# [Your task]
Every line of the records below from the line with "buffer limit body [] = unfinished body" up to and including the line with "unfolding buffer check_json_depth" must be reproduced exactly, and no line outside that range.

# [The data]
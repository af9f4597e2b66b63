-- ===== src/Payload.antt =====
-- argus_mcp/server/payload_limits.py: the body of a request is buffered and checked before the
-- application sees it. The messages that the server has delivered are a list; a byte is of any type.
pub mod Depth
pub mod Body
mod Tests
use argus_mcp.Base.{
  ℕ, suc, ◌+◌, Bool, true, false, String, Option, none, some, List, [], ◌∷◌, ◌++◌, not, ◌&&◌, ◌||◌,
  length, ltb, if◌then◌else◌, text_keys, ◌==◌,
}

-- What `json.loads` gives, with the scalars left out.
mutual
  pub data Json : Type 0 where
    scalar : Json
    array : Values → Json
    object : Members → Json

  pub data Values : Type 0 where
    no_value : Values
    value : Json → Values → Values

  pub data Members : Type 0 where
    no_member : Members
    member : String → Json → Members → Members

-- `_check_json_depth`
unfoldable mutual
  pub check_json_depth : Json → ℕ → ℕ → Bool
  check_json_depth scalar max_depth current = ltb max_depth current
  check_json_depth (array vs) max_depth current =
      let deeper = any_value vs max_depth (current + 1) in
      if ltb max_depth current then true else deeper
  check_json_depth (object ms) max_depth current =
      let deeper = any_member ms max_depth (current + 1) in
      if ltb max_depth current then true else deeper

  pub any_value : Values → ℕ → ℕ → Bool
  any_value no_value max_depth current = false
  any_value (value v vs) max_depth current =
      check_json_depth v max_depth current || any_value vs max_depth current

  pub any_member : Members → ℕ → ℕ → Bool
  any_member no_member max_depth current = false
  any_member (member k v ms) max_depth current =
      check_json_depth v max_depth current || any_member ms max_depth current

pub record PayloadLimitsConfig : Type 0 where
  pub enabled : Bool
  pub max_body_bytes : ℕ
  pub max_json_depth : ℕ

-- What the server delivers: a chunk of the body, with `more_body`, or another message, such as
-- `http.disconnect`.
pub data Message (B : Type 0) : Type 0 where
  request : List B → Bool → Message B
  other : String → Message B

pub record Scope : Type 0 where
  pub type : String
  pub method : String
  pub headers : List (String × String)

-- The loop `while not body_done` after some messages: it was left with the size, or with the body,
-- or it is still running.
pub data Buffered (B : Type 0) : Type 0 where
  too_large : ℕ → Buffered B
  complete : List B → Buffered B
  unfinished : List B → Buffered B

-- What the middleware did.
pub data Decision (B : Type 0) : Type 0 where
  passed_through : Decision B
  payload_too_large : ℕ → Decision B
  bad_request : Decision B
  replayed : List B → Decision B
  waits : Decision B

module _ {B : Type 0} where
  -- `total_size` is the size of `body`, the chunks so far.
  unfoldable pub buffer : ℕ → List B → List (Message B) → Buffered B
  buffer limit body [] = unfinished body
  buffer limit body (other type ∷ ms) = buffer limit body ms
  buffer limit body (request chunk more ∷ ms) =
      let received = body ++ chunk in
      let rest = buffer limit received ms in
      if ltb limit (length received)
      then too_large (length received)
      else if more
      then rest
      else complete received

-- Bodies are not read for these.
abbrev pub has_no_body : String → Bool
has_no_body m = m == "GET" || (m == "HEAD" || (m == "OPTIONS" || m == "DELETE"))

-- `mentions_json content` is `b"json" in content.lower()`; the first header of that name decides.
abbrev pub is_json_content : (String → Bool) → List (String × String) → Bool
is_json_content mentions_json [] = false
is_json_content mentions_json ((key, content) ∷ hs) =
    if key == "content-type" then mentions_json content else is_json_content mentions_json hs

-- `parse` is `json.loads`, `none` where it raises.
module _ {B : Type 0} (upper : String → String) (mentions_json : String → Bool)
    (parse : List B → Option Json) (c : PayloadLimitsConfig) where
  abbrev pub too_deep : Option Json → Bool
  too_deep none = false
  too_deep (some parsed) = check_json_depth parsed c.max_json_depth 0

  abbrev pub check_depth : Scope → List B → Decision B
  check_depth scope [] = replayed []
  check_depth scope (b ∷ body) =
      if is_json_content mentions_json scope.headers && too_deep (parse (b ∷ body))
      then bad_request
      else replayed (b ∷ body)

  abbrev pub decide : Scope → Buffered B → Decision B
  decide scope (too_large received) = payload_too_large received
  decide scope (complete body) = check_depth scope body
  decide scope (unfinished body) = waits

  -- `__call__`
  unfoldable pub call : Scope → List (Message B) → Decision B
  unfolding buffer check_json_depth
  call scope messages =
      if not (scope.type == "http") || not c.enabled
      then passed_through
      else if has_no_body (upper scope.method)
      then passed_through
      else decide scope (buffer c.max_body_bytes [] messages)
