-- ===== src/Payload/Depth.antt =====
-- The nesting check against the depth of a value.
use argus_mcp.Base.{
  ℕ, suc, ◌+◌, max, ◌≡◌, refl, ◌∙◌, Bool, true, false, ltb, ◌||◌, if◌then◌else◌, arith,
}
use argus_mcp.Payload.{
  Json, scalar, array, object, Values, no_value, value, Members, no_member, member,
  check_json_depth, any_value, any_member,
}

-- The depth of a value: how many containers are around its innermost member; an empty container has
-- no member that counts.
mutual
  pub depth : Json → ℕ
  depth scalar = 0
  depth (array vs) = depth_values vs
  depth (object ms) = depth_members ms

  pub depth_values : Values → ℕ
  depth_values no_value = 0
  depth_values (value v vs) = max (suc (depth v)) (depth_values vs)

  pub depth_members : Members → ℕ
  depth_members no_member = 0
  depth_members (member k v ms) = max (suc (depth v)) (depth_members ms)

array_test : (b d : Bool) → (if b then true else d) ≡ (b || d)
array_test true d = refl
array_test false d = refl

-- One member more: `d` is its depth, `e` that of the others, and `rest` their check.
with_member :
    (m c d e : ℕ) (rest : Bool)
    → (ltb m c || rest) ≡ ltb m (c + e)
    → (ltb m c || (ltb m ((c + 1) + d) || rest)) ≡ ltb m (c + max (suc d) e)
with_member m c d e rest h = ground arith

mutual
  unfolding check_json_depth depth

  check-depth : (d : Json) (m c : ℕ) → check_json_depth d m c ≡ ltb m (c + depth d)
  check-depth scalar m c = ground arith
  check-depth (array vs) m c =
      array_test (ltb m c) (any_value vs m (c + 1)) ∙ any_value-depth vs m c
  check-depth (object ms) m c =
      array_test (ltb m c) (any_member ms m (c + 1)) ∙ any_member-depth ms m c

  any_value-depth :
      (vs : Values) (m c : ℕ) → (ltb m c || any_value vs m (c + 1)) ≡ ltb m (c + depth_values vs)
  any_value-depth no_value m c = ground arith
  any_value-depth (value v vs) m c = rw (check-depth v m (c + 1)) (
      with_member m c (depth v) (depth_values vs) (any_value vs m (c + 1)) (any_value-depth vs m c))

  any_member-depth :
      (ms : Members) (m c : ℕ) → (ltb m c || any_member ms m (c + 1)) ≡ ltb m (c + depth_members ms)
  any_member-depth no_member m c = ground arith
  any_member-depth (member k v ms) m c = rw (check-depth v m (c + 1)) (
      with_member m c (depth v) (depth_members ms) (any_member ms m (c + 1))
        (any_member-depth ms m c))

-- The check of a value that stands at some level says whether the level and the value's depth
-- together are above the limit, for objects, lists and any mixture of them.
pub check_json_depth-depth :
    (d : Json) (max_depth current : ℕ)
    → check_json_depth d max_depth current ≡ ltb max_depth (current + depth d)
check_json_depth-depth d max_depth current = check-depth d max_depth current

# [Result for this exercise]
  buffer limit body [] = unfinished body
  buffer limit body (other type ∷ ms) = buffer limit body ms
  buffer limit body (request chunk more ∷ ms) =
      let received = body ++ chunk in
      let rest = buffer limit received ms in
      if ltb limit (length received)
      then too_large (length received)
      else if more
      then rest
      else complete received

-- Bodies are not read for these.
abbrev pub has_no_body : String → Bool
has_no_body m = m == "GET" || (m == "HEAD" || (m == "OPTIONS" || m == "DELETE"))

-- `mentions_json content` is `b"json" in content.lower()`; the first header of that name decides.
abbrev pub is_json_content : (String → Bool) → List (String × String) → Bool
is_json_content mentions_json [] = false
is_json_content mentions_json ((key, content) ∷ hs) =
    if key == "content-type" then mentions_json content else is_json_content mentions_json hs

-- `parse` is `json.loads`, `none` where it raises.
module _ {B : Type 0} (upper : String → String) (mentions_json : String → Bool)
    (parse : List B → Option Json) (c : PayloadLimitsConfig) where
  abbrev pub too_deep : Option Json → Bool
  too_deep none = false
  too_deep (some parsed) = check_json_depth parsed c.max_json_depth 0

  abbrev pub check_depth : Scope → List B → Decision B
  check_depth scope [] = replayed []
  check_depth scope (b ∷ body) =
      if is_json_content mentions_json scope.headers && too_deep (parse (b ∷ body))
      then bad_request
      else replayed (b ∷ body)

  abbrev pub decide : Scope → Buffered B → Decision B
  decide scope (too_large received) = payload_too_large received
  decide scope (complete body) = check_depth scope body
  decide scope (unfinished body) = waits

  -- `__call__`
  unfoldable pub call : Scope → List (Message B) → Decision B
  unfolding buffer check_json_depth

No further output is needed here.